B13 BUMPERS BOLT UP?

im still having trouble taking off the bumper lol


----------



## sunny ca18de (Sep 4, 2007)

Nice, where I can get such a C pillar bar?


----------



## bestb12injersey (Sep 11, 2007)

B12Beater said:


> B13 BUMPERS BOLT UP?
> 
> im still having trouble taking off the bumper lol


almost but i used self-tapping screws.the old bumper is a pain in the ass to take off.good luck with the rusty bolts too


----------



## B12Beater (Sep 25, 2007)

sunny ca18de said:


> Nice, where I can get such a C pillar bar?
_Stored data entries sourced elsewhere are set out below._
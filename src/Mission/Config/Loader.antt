-- ===== src/Mission/Config/Loader.antt =====
-- config.py, `load_mission_config`: from the two paths to the configuration, or to an error.
use patrol_drone.Prelude.{◌∷◌, ◌>>◌, ◌>>=◌, String, Result, List, ok, err, []}
use patrol_drone.Float.{Float}
use patrol_drone.Mission.Config.Checkpoints.{resolve_checkpoints}
use patrol_drone.Mission.Config.Yaml.{
  FileError, Yaml, ConfigError, Fields, require, require_list, require_mapping, file_error, number,
  point, validate_frame,
}
use patrol_drone.Mission.Config.{MissionConfig}
use patrol_drone.Mission.Config.Sections.{
  reject_unknown_top_level_keys, approach_section, validate_semantics, completion_section,
  abort_section,
}
use patrol_drone.Mission.Config.Waypoints.{parse_waypoints}

module _ ⦃fl : Float⦄ (read_yaml : String → Result FileError Yaml) where
  unfoldable pub mappings : List Yaml → Result ConfigError (List Fields)
  mappings [] = ok []
  mappings (v ∷ vs) = do w ← require_mapping v; ws ← mappings vs; ok (w ∷ ws)

  unfoldable pub waypoint_entries : Fields → Result ConfigError (List Fields)
  waypoint_entries raw = do v ← require raw "waypoints"; vs ← require_list v; mappings vs

  abbrev pub read_mission : String → Result ConfigError Yaml
  read_mission path = elim (read_yaml path) [ ok v ↦ ok v | err e ↦ err (file_error e) ]

  -- the MissionConfig of the document, before `_validate_semantics`
  unfoldable pub build_config : Fields → String → Result ConfigError MissionConfig
  build_config raw checkpoints_yaml_path = do
    reject_unknown_top_level_keys raw
    approach ← approach_section raw
    home_value ← require raw "home"
    home ← require_mapping home_value
    raw_waypoints ← waypoint_entries raw
    checkpoints ← resolve_checkpoints read_yaml raw_waypoints checkpoints_yaml_path
    waypoints ← parse_waypoints raw_waypoints checkpoints approach
    takeoff_value ← require raw "takeoff_alt_m"
    takeoff_alt_m ← number takeoff_value
    hover_value ← require raw "hover_time_s"
    hover_time_s ← number hover_value
    completion ← completion_section raw
    abort ← abort_section raw
    place ← require home "position"
    home_position ← point place
    frame ← require home "frame"
    home_frame ← validate_frame frame
    ok (record {
      takeoff_alt_m = takeoff_alt_m;
      hover_time_s = hover_time_s;
      completion = completion;
      abort = abort;
      home_position = home_position;
      home_frame = home_frame;
      waypoints = waypoints;
      approach = approach;
    })

  unfoldable pub load_mission_config : String → String → Result ConfigError MissionConfig
  load_mission_config mission_yaml_path checkpoints_yaml_path = do
    document ← read_mission mission_yaml_path
    raw ← require_mapping document
    cfg ← build_config raw checkpoints_yaml_path
    validate_semantics cfg
    ok cfg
just look up on ebay most are universal mine just happened to come from an integra...lol


----------



## sunny ca18de (Sep 4, 2007)

Thanks, I've got one from a 200sx S13


----------



## bestb12injersey (Sep 11, 2007)

mr. beater im curious to know if you can show us a pic how you bolted it up to your bumper cuz it does look kind of kool. tell you the truth it looks better than my b13 bumper and 240 lip all chopped up..


----------



## B12Beater (Sep 25, 2007)

sure i will take pics in a bit... not really that difficult, i got some black screws and drilled them into the lower part of the bumper and used a lighter with a big flame to kinda mold it(when it heats up you can strech it a little) its a good rough look...thanks!


----------



## B12Beater (Sep 25, 2007)

i cut the top part off of the lip and screwed it on...


----------



## oldschoolricer (Oct 3, 2007)

hey was sup b12beater. nice to know that there's peple in the I.E hooking up b12's i had a couple in the last few yrs i have a couple of rare stuff for the b12 like jdm amber coners i hade a roll cage and i have a carbon fiver dash kit and also i have a e15et motor that my buddy is trying to sell i live in victorville now i used to live in fontana. but any ways i would like to check out your b12 im trying to get one as a daily and do a ga16de or ca18de swap i have a 94 mazda protege turbo so i need a daily. man i would really love to check out your ride.


----------



## oldschoolricer (Oct 3, 2007)

oldschoolricer said:


> hey was sup b12beater. nice to know that there's peple in the I.E hooking up b12's i had a couple in the last few yrs i have a couple of rare stuff for the b12 like jdm amber coners i hade a roll cage and i have a carbon fiver dash kit and also i have a e15et motor that my buddy is trying to sell i live in victorville now i used to live in fontana. but any ways i would like to check out your b12 im trying to get one as a daily and do a ga16de or ca18de swap i have a 94 mazda protege turbo so i need a daily. man i would really love to check out your ride.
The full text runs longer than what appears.